When are you heading out there? I'll be out tomorrow as soon as I catch a few dozen finger mullet.


----------



## RjTheMetalhead (Dec 3, 2011)

Lots of people are jigging, I'm sure you have seen it done at Garden City Pier but at Springmaid there can easily be 30 or so(I've seen over 50) people jigging. The people that jig are usually an older local and seasonal crowd. Most are very friendly and helpful.

Much wider and longer pier than GC. Much lower to the water also. 2 sheltered benches and plenty of picnic tables. Swing near high tide mark. 4 cleaning stations.


----------



## bsm97 (Nov 17, 2013)

Thanks for the info. I hug regularly on gc. I pier fish a great deal. Im a good friend of Landon Steens. We fish a good bit together, I'm sure some Of you know him. I have no clue when I'll get to fish but I'm in garden city right now till near the weekend. I'm getting dropped off parking is no problem. How's the night fishing?


----------



## bsm97 (Nov 17, 2013)

I meant jig not hug, that might get me kicked off after a while


----------



## RjTheMetalhead (Dec 3, 2011)

bsm97 said:


> I meant jig not hug, that might get me kicked off after a while


I mean as long as you smiled alot we wouldn't talk bad aboutcha too much.


----------



## SpringmaidKeith (Jun 30, 2013)

SmoothLures said:


> $9 bucks to fish, 7 if you're a Horry county resident with an ID. It's about like any other pier. Lots of people jig when the Spanish and blues are biting good, not sure about now, but get there early if you want a good spot to jig. Shrimp, finger mullet fillets, and fresh cut bait (croaker, blues, ect) will be best for your bottom fishing. Keith can tell you about the parking situation, but the parking garage is across the street from the pier. I think he was saying you can park in the lot until the busy season for tourists.


Bsm97, beadys got it right, If you have a cart or alot of tackle you can drop it off at the pier & park wherever you can find a spot (resort is full). First 2 spanish caught yesterday if you saw my post. lots of Blues hit today & whiting nice keeping size. Come on down & intro yourself to me, Ive met alot of people that have followed this forum, beady being the last one. Hope to see you, ask anyone "where's Keith?" theyll point me out. Right now stuck in the tackle shop


----------



## bsm97 (Nov 17, 2013)

If I make it down I will definetly find you. I have a really crap cart rigged up right now so I may or may not bring it I usually fish pretty light. My ride is most likely not staying when I come tho, so parking is no issue at all


----------



## jameswebstersc (Sep 20, 2012)

RJ,
Are you going to the pier this evening? If so, what time? I may go around 7 tonight.


----------



## RjTheMetalhead (Dec 3, 2011)

jameswebstersc said:


> RJ,
> Are you going to the pier this evening? If so, what time? I may go around 7 tonight.

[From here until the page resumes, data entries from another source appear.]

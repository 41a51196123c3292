-- ===== src/ReviewPersistence/Registration/Added.antt =====
-- The rows that a registration of cases adds.
use ai_data_quality_platform.Base.{
  String, true, false, not, Option, none, some, List, [], ◌∷◌, ◌++◌, ok, raise_if-false,
  returned-bind, ok-injective, ◌≡◌, refl, sym, ap, ◌∙◌, subst, arith, text_eq, inl, inr,
  Option-cases, append-nil, append_assoc,
}
use ai_data_quality_platform.Base.AllOf.{AllOf, AllOf-append}
use ai_data_quality_platform.EntityResolution.Models.{ordered}
use ai_data_quality_platform.HumanReview.Models.{ReviewStatus, status_eq, ReviewCase}
use ai_data_quality_platform.ReviewApplication.Models.{PersistedCase, initial_case}
use ai_data_quality_platform.ReviewPersistence.Rows.{
  StorageTools, CaseRow, case_payload_json, case_to_row,
}
use ai_data_quality_platform.ReviewPersistence.Tables.{ContextRow, ReviewStore, insert_case}
use ai_data_quality_platform.ReviewPersistence.Repository.{select_case, assert_identity_matches}
use ai_data_quality_platform.ReviewPersistence.Registration.Stored.{
  insert_case-inserted, initial_case-first,
}
use ai_data_quality_platform.ReviewPersistence.Registration.{
  assert_registrable, register_found, register_case_in, register_cases_in,
}

-- The pair as `RecordPair.ordered` makes it.
abbrev pub HasOrderedPair : ReviewCase → Type 0
HasOrderedPair c = ordered c.pair.record_a_id c.pair.record_b_id ≡ c.pair

-- A row that a registration inserts, and the case that it is of.
pub record IsNew (tools : StorageTools) (queue : String) (row : CaseRow) : Type 0 where
  pub source : ReviewCase
  pub in_order : HasOrderedPair source
  pub payload : row.case_payload ≡ case_payload_json tools source
  pub here : row.review_queue_id ≡ queue
  pub first : row.version ≡ 1
  pub pending : status_eq row.status ReviewStatus.pending ≡ true

-- What became of the tables, where some contexts were added.
pub record AddsRows (tools : StorageTools) (queue : String) (contexts : List ContextRow)
    (store store' : ReviewStore) : Type 0 where
  pub added : List CaseRow
  pub rows : store'.review_cases ≡ store.review_cases ++ added
  pub fresh : AllOf (IsNew tools queue) added
  pub events : store'.review_case_events ≡ store.review_case_events
  pub next : store'.next_event_id ≡ store.next_event_id
  pub tenants : store'.organizations ≡ store.organizations
  pub queues : store'.review_queues ≡ store.review_queues
  pub contexts_after : store'.workflow_contexts ≡ store.workflow_contexts ++ contexts

pub AddsRows-refl :
    (tools : StorageTools) (queue : String) (store : ReviewStore)
    → AddsRows tools queue [] store store
AddsRows-refl tools queue store = record {
  added = [];
  rows = sym (append-nil store.review_cases);
  fresh = tt;
  events = refl;
  next = refl;
  tenants = refl;
  queues = refl;
  contexts_after = sym (append-nil store.workflow_contexts);
}

pub AddsRows-trans :
    (tools : StorageTools) (queue : String) (xs ys : List ContextRow) (a b c : ReviewStore)
    → AddsRows tools queue xs a b
    → AddsRows tools queue ys b c
    → AddsRows tools queue (xs ++ ys) a c
AddsRows-trans tools queue xs ys a b c p q = record {
  added = p.added ++ q.added;
  rows = q.rows ∙ ap (λ w. w ++ q.added) p.rows ∙ append_assoc a.review_cases p.added q.added;
  fresh = AllOf-append (IsNew tools queue) p.added q.added p.fresh q.fresh;
  events = q.events ∙ p.events;
  next = q.next ∙ p.next;
  tenants = q.tenants ∙ p.tenants;
  queues = q.queues ∙ p.queues;
  contexts_after =
      q.contexts_after
      ∙ ap (λ w. w ++ ys) p.contexts_after
      ∙ append_assoc a.workflow_contexts xs ys;
}

module _ (tools : StorageTools) (queue : String) where
  inserted-Adds :
      (c : ReviewCase) (now : String) (p : PersistedCase) (store store' : ReviewStore)
      → HasOrderedPair c
      → status_eq c.status ReviewStatus.pending ≡ true
      → initial_case tools.strip c now ≡ ok p
      → insert_case (case_to_row tools p queue) store ≡ some store'
      → AddsRows tools queue [] store store'
  unfolding case_to_row
  inserted-Adds c now p store store' in_order pending made inserted =
      let first = initial_case-first tools.strip c now p made in
      let s = insert_case-inserted (case_to_row tools p queue) store store' inserted in
      record {
        added = case_to_row tools p queue ∷ [];
        rows = ap (λ w. w.review_cases) s;
        fresh = (
          record {
            source = c;
            in_order = in_order;
            payload = ap (λ w. case_payload_json tools w.case) first;
            here = refl;
            first = ap (λ w. w.version) first;
            pending = ap (λ w. status_eq w.case.status ReviewStatus.pending) first ∙ pending;
          },
          tt,
        );
        events = ap (λ w. w.review_case_events) s;
        next = ap (λ w. w.next_event_id) s;
        tenants = ap (λ w. w.organizations) s;
        queues = ap (λ w. w.review_queues) s;
        contexts_after = ap (λ w. w.workflow_contexts) s ∙ sym (append-nil store.workflow_contexts);
      }

  assert_registrable-pending :
      (c : ReviewCase)
      → assert_registrable c ≡ ok tt
      → status_eq c.status ReviewStatus.pending ≡ true
  unfolding assert_registrable
  assert_registrable-pending c h =
      let waiting : not (status_eq c.status ReviewStatus.pending) ≡ false = raise_if-false _ _ h in
      ground arith

  -- The two answers of the SELECT.
  answer-Adds :
      (c : ReviewCase) (now : String) (p : PersistedCase) (store store' : ReviewStore)
      → HasOrderedPair c
      → status_eq c.status ReviewStatus.pending ≡ true
      → (found : Option PersistedCase)
      → register_found tools queue c now store found ≡ ok (p, store')
      → AddsRows tools queue [] store store'
  unfolding register_found
  answer-Adds c now p store store' in_order pending (some existing) h =
      let (u, h1, same) = returned-bind (assert_identity_matches existing c) _ h in
      subst (AddsRows tools queue [] store) (ap (λ w. w.1) (ok-injective h1))
        (AddsRows-refl tools queue store)
  answer-Adds c now p store store' in_order pending none h =
      let (q, h1, made) = returned-bind (initial_case tools.strip c now) _ h in
      elim (Option-cases (insert_case (case_to_row tools q queue) store)) [
        | inl refused ↦ cc (rw refused at h1)
        | inr (stored, inserted) ↦
            let whole : ok (q, stored) ≡ ok (p, store') = rw inserted at h1 in
            subst (AddsRows tools queue [] store) (ap (λ w. w.1) (ok-injective whole))
              (inserted-Adds c now q store stored in_order pending made inserted)
      ]

  register_case_in-Adds :
      (c : ReviewCase) (now : String) (p : PersistedCase) (store store' : ReviewStore)
      → HasOrderedPair c
      → register_case_in tools queue c now store ≡ ok (p, store')
      → AddsRows tools queue [] store store'
  unfolding register_case_in
  register_case_in-Adds c now p store store' in_order h =
      let (u, h1, registrable) = returned-bind (assert_registrable c) _ h in
      let (found, h2, selected) =
        returned-bind (select_case tools queue c.review_case_id store) _ h1 in
      answer-Adds c now p store store' in_order (assert_registrable-pending c registrable) found h2

  pub register_cases_in-Adds :
      (cases : List ReviewCase) (now : String) (ps : List PersistedCase)
      (store store' : ReviewStore)
      → AllOf HasOrderedPair cases
      → register_cases_in tools queue cases now store ≡ ok (ps, store')
      → AddsRows tools queue [] store store'
  unfolding register_cases_in
  register_cases_in-Adds [] now ps store store' in_order h =
      subst (AddsRows tools queue [] store) (ap (λ w. w.1) (ok-injective h))
        (AddsRows-refl tools queue store)
  register_cases_in-Adds (c ∷ cases) now ps store store' (ordered_c, in_order) h =
      let (first, h1, e1) = returned-bind (register_case_in tools queue c now store) _ h in
      let (rest, h2, e2) = returned-bind (register_cases_in tools queue cases now first.1) _ h1 in
      AddsRows-trans tools queue [] [] store first.1 store'
        (register_case_in-Adds c now first.0 store first.1 ordered_c e1)
        (subst (AddsRows tools queue [] first.1) (ap (λ w. w.1) (ok-injective h2))
          (register_cases_in-Adds cases now rest.0 first.1 rest.1 in_order e2))
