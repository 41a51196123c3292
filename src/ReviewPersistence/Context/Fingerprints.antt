-- ===== src/ReviewPersistence/Context/Fingerprints.antt =====
-- A context describes what it describes.
use ai_data_quality_platform.Base.{
  String, Bool, true, Option, none, some, List, [], ◌∷◌, ◌≡◌, refl, arith, eq_refl,
}
use ai_data_quality_platform.EntityResolution.Models.{EntityRecord}
use ai_data_quality_platform.ReviewPersistence.Context.{
  Fingerprint, list_eq, field_eq, record_eq, id_pair_eq, fingerprint_eq,
}

list_eq_refl :
    {A : Type 0} (equal : A → A → Bool) (xs : List A)
    → ((x : A) → equal x x ≡ true)
    → list_eq equal xs xs ≡ true
list_eq_refl equal [] same = refl
list_eq_refl equal (x ∷ xs) same = ground (arith, same x, list_eq_refl equal xs same)

field_eq_refl : (f : String × Option String) → field_eq f f ≡ true
field_eq_refl (name, none) = ground (arith, eq_refl name)
field_eq_refl (name, some value) = ground (arith, eq_refl name, eq_refl value)

record_eq_refl : (r : EntityRecord) → record_eq r r ≡ true
record_eq_refl r = ground (
  arith,
  eq_refl r.record_id,
  eq_refl r.source_name,
  list_eq_refl field_eq r.field_values field_eq_refl,
)

id_pair_eq_refl : (p : String × String) → id_pair_eq p p ≡ true
id_pair_eq_refl (a, b) = ground (arith, eq_refl a, eq_refl b)

pub fingerprint_eq_refl : (f : Fingerprint) → fingerprint_eq f f ≡ true
unfolding fingerprint_eq
fingerprint_eq_refl f = ground (
  arith,
  list_eq_refl record_eq f.entity_records record_eq_refl,
  eq_refl f.source_label,
  list_eq_refl id_pair_eq f.auto_match_pairs id_pair_eq_refl,
)
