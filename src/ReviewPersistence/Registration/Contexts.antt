-- ===== src/ReviewPersistence/Registration/Contexts.antt =====
-- The authorization context that a registration leaves for its queue.
use ai_data_quality_platform.Base.{
  String, Bool, true, false, not, raise_if, some-injective, eq_iff, eq_refl, Bool-cases, Option,
  none, some, List, [], ◌∷◌, ◌++◌, ◌==◌, ok, raise_if-false, returned-bind, ◌≡◌, refl, sym, ◌∙◌,
  text_eq, inl, inr,
}
use ai_data_quality_platform.EntityResolution.Models.{EntityRecord}
use ai_data_quality_platform.ReviewApplication.Errors.{workflow_context_conflict}
use ai_data_quality_platform.ReviewApplication.Bundle.{Snapshot}
use ai_data_quality_platform.ReviewPersistence.Rows.{StorageTools}
use ai_data_quality_platform.ReviewPersistence.Tables.{ContextRow}
use ai_data_quality_platform.ReviewPersistence.Repository.{fetchone}
use ai_data_quality_platform.ReviewPersistence.Context.{
  normalized_context_fingerprint, fingerprint_eq,
}
use ai_data_quality_platform.ReviewPersistence.Context.Fingerprints.{fingerprint_eq_refl}
use ai_data_quality_platform.ReviewPersistence.Registration.{
  assert_same_context, context_row, other_config,
}

fetchone-append :
    (test : ContextRow → Bool) (rows : List ContextRow) (row : ContextRow)
    → fetchone test rows ≡ none
    → test row ≡ true
    → fetchone test (rows ++ row ∷ []) ≡ some row
unfolding fetchone
fetchone-append test [] row absent accepted = rw accepted refl
fetchone-append test (r ∷ rows) row absent accepted = elim (Bool-cases (test r)) [
  | inl found ↦ cc (rw found at absent)
  | inr other ↦ rw other (fetchone-append test rows row (rw other at absent) accepted)
]

not-not : (b : Bool) → not b ≡ false → b ≡ true
not-not true h = refl
not-not false h = cc

-- Two paths that are not told apart.
agreed :
    (path stored : Option String)
    → other_config path stored ≡ false
    → (p q : String) → path ≡ some p
    → stored ≡ some q
    → p ≡ q
agreed none stored h p q hp hq = cc
agreed (some x) none h p q hp hq = cc
agreed (some x) (some y) h p q hp hq =
    sym (some-injective hp) ∙ (eq_iff x y).0 (not-not (x == y) h) ∙ some-injective hq

module _ (tools : StorageTools) (queue : String) where
  -- What `_store_context` left: the context of the queue, which agrees with the incoming one.
  pub record HoldsContext (records : List EntityRecord) (snapshot : Snapshot) (path : Option String)
      (contexts : List ContextRow) : Type 0 where
    pub stored : ContextRow
    pub there : fetchone (λ (row : ContextRow). row.review_queue_id == queue) contexts ≡ some stored
    pub same_context :
        fingerprint_eq
          (normalized_context_fingerprint stored.entity_records stored.resolution_snapshot)
          (normalized_context_fingerprint records snapshot)
        ≡ true
    pub same_config :
        (p q : String) → path ≡ some p → stored.entity_resolution_config_path ≡ some q → p ≡ q

  pub context_row-queue :
      (records : List EntityRecord) (snapshot : Snapshot) (path : Option String) (now : String)
      → (context_row tools queue records snapshot path now).review_queue_id ≡ queue
  unfolding context_row
  context_row-queue records snapshot path now = refl

  pub stored_anew :
      (records : List EntityRecord) (snapshot : Snapshot) (path : Option String) (now : String)
      (contexts : List ContextRow)
      → fetchone (λ (row : ContextRow). row.review_queue_id == queue) contexts ≡ none
      → HoldsContext records snapshot path
          (contexts ++ context_row tools queue records snapshot path now ∷ [])
  unfolding context_row
  stored_anew records snapshot path now contexts absent = record {
    stored = context_row tools queue records snapshot path now;
    there =
        fetchone-append (λ (row : ContextRow). row.review_queue_id == queue) contexts
          (context_row tools queue records snapshot path now) absent (eq_refl queue);
    same_context = fingerprint_eq_refl (normalized_context_fingerprint records snapshot);
    same_config = λ p q h k. some-injective (sym h ∙ k);
  }

  pub stored_before :
      (records : List EntityRecord) (snapshot : Snapshot) (path : Option String)
      (stored : ContextRow) (contexts : List ContextRow)
      → fetchone (λ (row : ContextRow). row.review_queue_id == queue) contexts ≡ some stored
      → assert_same_context tools queue records snapshot path stored ≡ ok tt
      → HoldsContext records snapshot path contexts
  unfolding assert_same_context
  stored_before records snapshot path stored contexts there h =
      let same : Bool =
        fingerprint_eq
          (normalized_context_fingerprint stored.entity_records stored.resolution_snapshot)
          (normalized_context_fingerprint records snapshot) in
      let (u, configs, fingerprints) =
        returned-bind (raise_if (not same) workflow_context_conflict) _ h in
      record {
        stored = stored;
        there = there;
        same_context =
            not-not same (raise_if-false (not same) workflow_context_conflict fingerprints);
        same_config = agreed path stored.entity_resolution_config_path (
            raise_if-false (other_config path stored.entity_resolution_config_path)
              workflow_context_conflict configs);
      }
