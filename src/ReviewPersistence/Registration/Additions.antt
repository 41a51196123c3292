-- ===== src/ReviewPersistence/Registration/Additions.antt =====
-- What a registration changes: it adds its cases and the context of its queue, and leaves what was
-- stored as it was.
use ai_data_quality_platform.Base.{
  String, Option, List, [], ◌∷◌, ◌==◌, ok, returned-bind, ok-injective, ◌≡◌, refl, sym, ap, ◌∙◌,
  subst, text_eq, inl, inr, Option-cases, append-nil,
}
use ai_data_quality_platform.Base.AllOf.{AllOf, AnyOf-append}
use ai_data_quality_platform.EntityResolution.Models.{EntityRecord}
use ai_data_quality_platform.HumanReview.Models.{ReviewCase, ReviewWorkflowState}
use ai_data_quality_platform.ReviewApplication.Models.{PersistedCase}
use ai_data_quality_platform.ReviewApplication.Bundle.{Snapshot}
use ai_data_quality_platform.ReviewPersistence.Rows.{StorageTools}
use ai_data_quality_platform.ReviewPersistence.Tables.{ContextRow, ReviewStore}
use ai_data_quality_platform.ReviewPersistence.Repository.{
  fetchone, assert_queue_accepts_registration,
}
use ai_data_quality_platform.ReviewPersistence.Registration.Contexts.{
  HoldsContext, context_row-queue, stored_anew, stored_before,
}
use ai_data_quality_platform.ReviewPersistence.Registration.Stored.{
  IsStoredIn, IsRowOf, register_case_in-IsStoredIn,
}
use ai_data_quality_platform.ReviewPersistence.Registration.{
  assert_all_registrable, assert_records_cover_cases, store_context, assert_same_context,
  context_row, register_case_in, register_cases_in, register_workflow,
}
use ai_data_quality_platform.ReviewPersistence.Registration.Added.{
  HasOrderedPair, AddsRows, AddsRows-refl, AddsRows-trans, register_cases_in-Adds,
}

module _ (tools : StorageTools) (queue : String) where
  -- Every case of the list is stored when the last one is registered.
  register_cases_in-IsStoredIn :
      (cases : List ReviewCase) (now : String) (ps : List PersistedCase)
      (store store' : ReviewStore)
      → AllOf HasOrderedPair cases
      → register_cases_in tools queue cases now store ≡ ok (ps, store')
      → AllOf (IsStoredIn queue store'.review_cases) cases
  unfolding register_cases_in
  register_cases_in-IsStoredIn [] now ps store store' in_order h = tt
  register_cases_in-IsStoredIn (c ∷ cases) now ps store store' (ordered_c, in_order) h =
      let (first, h1, e1) = returned-bind (register_case_in tools queue c now store) _ h in
      let (rest, h2, e2) = returned-bind (register_cases_in tools queue cases now first.1) _ h1 in
      let later = register_cases_in-Adds tools queue cases now rest.0 first.1 rest.1 in_order e2 in
      subst (λ (s : ReviewStore). AllOf (IsStoredIn queue s.review_cases) (c ∷ cases))
        (ap (λ w. w.1) (ok-injective h2))
        (
          subst (λ rows. IsStoredIn queue rows c) (sym later.rows)
              (AnyOf-append (IsRowOf queue c.review_case_id) first.1.review_cases later.added
                (register_case_in-IsStoredIn tools queue c now first.0 store first.1 e1)),
          register_cases_in-IsStoredIn cases now rest.0 first.1 rest.1 in_order e2,
        )

  -- What became of the store.
  pub record Adds (cases : List ReviewCase) (records : List EntityRecord) (snapshot : Snapshot)
      (path : Option String) (store store' : ReviewStore) : Type 0 where
    pub contexts : List ContextRow
    pub own : AllOf (λ row. row.review_queue_id ≡ queue) contexts
    pub rows_added : AddsRows tools queue contexts store store'
    pub context : HoldsContext tools queue records snapshot path store'.workflow_contexts
    pub every_case : AllOf (IsStoredIn queue store'.review_cases) cases

  store_context-Adds :
      (records : List EntityRecord) (snapshot : Snapshot) (path : Option String) (now : String)
      (store store' : ReviewStore)
      → store_context tools queue records snapshot path now store ≡ ok store'
      → Adds [] records snapshot path store store'
  unfolding store_context
  store_context-Adds records snapshot path now store store' h =
      elim (Option-cases
        (fetchone (λ (row : ContextRow). row.review_queue_id == queue) store.workflow_contexts)) [
          | inl absent ↦
              subst (Adds [] records snapshot path store)
                (ok-injective (rw (absent, store_context) at h))
                (record {
                  contexts = context_row tools queue records snapshot path now ∷ [];
                  own = (context_row-queue tools queue records snapshot path now, tt);
                  rows_added = record {
                    added = [];
                    rows = sym (append-nil store.review_cases);
                    fresh = tt;
                    events = refl;
                    next = refl;
                    tenants = refl;
                    queues = refl;
                    contexts_after = refl;
                  };
                  context =
                      stored_anew tools queue records snapshot path now store.workflow_contexts
                        absent;
                  every_case = tt;
                })
          | inr (stored, there) ↦
              let (u, same, e) =
                returned-bind (assert_same_context tools queue records snapshot path stored) _
                  (rw (there, store_context) at h) in
              subst (Adds [] records snapshot path store) (ok-injective same) (record {
                contexts = [];
                own = tt;
                rows_added = AddsRows-refl tools queue store;
                context =
                    stored_before tools queue records snapshot path stored store.workflow_contexts
                      there e;
                every_case = tt;
              })
        ]

  -- A registration of cases whose pairs are in order only adds rows: pending cases of its queue at
  -- version 1, and contexts of its queue; every stored row of every table stays. Afterwards every
  -- registered case has a row in the queue, and a context is stored for the queue whose fingerprint is
  -- that of the registered one, and whose configuration path, where both are given, is the registered
  -- one.
  pub register_workflow-Adds :
      (state : ReviewWorkflowState) (records : List EntityRecord) (snapshot : Snapshot)
      (path : Option String) (now : String) (store : ReviewStore) (ps : List PersistedCase)
      (store' : ReviewStore)
      → AllOf HasOrderedPair state.cases
      → register_workflow tools queue state records snapshot path now store ≡ ok (ps, store')
      → Adds state.cases records snapshot path store store'
  unfolding register_workflow
  register_workflow-Adds state records snapshot path now store ps store' in_order h =
      let (u, h1, e1) = returned-bind (assert_records_cover_cases state.cases records) _ h in
      let (v, h2, e2) = returned-bind (assert_all_registrable state.cases) _ h1 in
      let (w, h3, e3) = returned-bind (assert_queue_accepts_registration queue store) _ h2 in
      let (middle, h4, e4) =
        returned-bind (store_context tools queue records snapshot path now store) _ h3 in
      let first : Adds [] records snapshot path store middle =
        store_context-Adds records snapshot path now store middle e4 in
      let rest : AddsRows tools queue [] middle store' =
        register_cases_in-Adds tools queue state.cases now ps middle store' in_order h4 in
      record {
        contexts = first.contexts;
        own = first.own;
        rows_added =
            subst (λ xs. AddsRows tools queue xs store store') (append-nil first.contexts)
              (AddsRows-trans tools queue first.contexts [] store middle store' first.rows_added
                rest);
        context =
            subst (HoldsContext tools queue records snapshot path)
              (sym (rest.contexts_after ∙ append-nil middle.workflow_contexts)) first.context;
        every_case = register_cases_in-IsStoredIn state.cases now ps middle store' in_order h4;
      }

I'm going tomorrow evening


----------



## jameswebstersc (Sep 20, 2012)

RjTheMetalhead said:


> I'm going tomorrow evening


hope to see you tomorrow if it does not rain.


----------



## RjTheMetalhead (Dec 3, 2011)

jameswebstersc said:


> hope to see you tomorrow if it does not rain.


****. I need to watch the weather better.
Tonight it is!


----------



## SmoothLures (Feb 13, 2008)

RjTheMetalhead said:


> ****. I need to watch the weather better.
> Tonight it is!


Cold out there and the surf is picking up. Let me know how you do. Think I'll get out there at 6 AM.


----------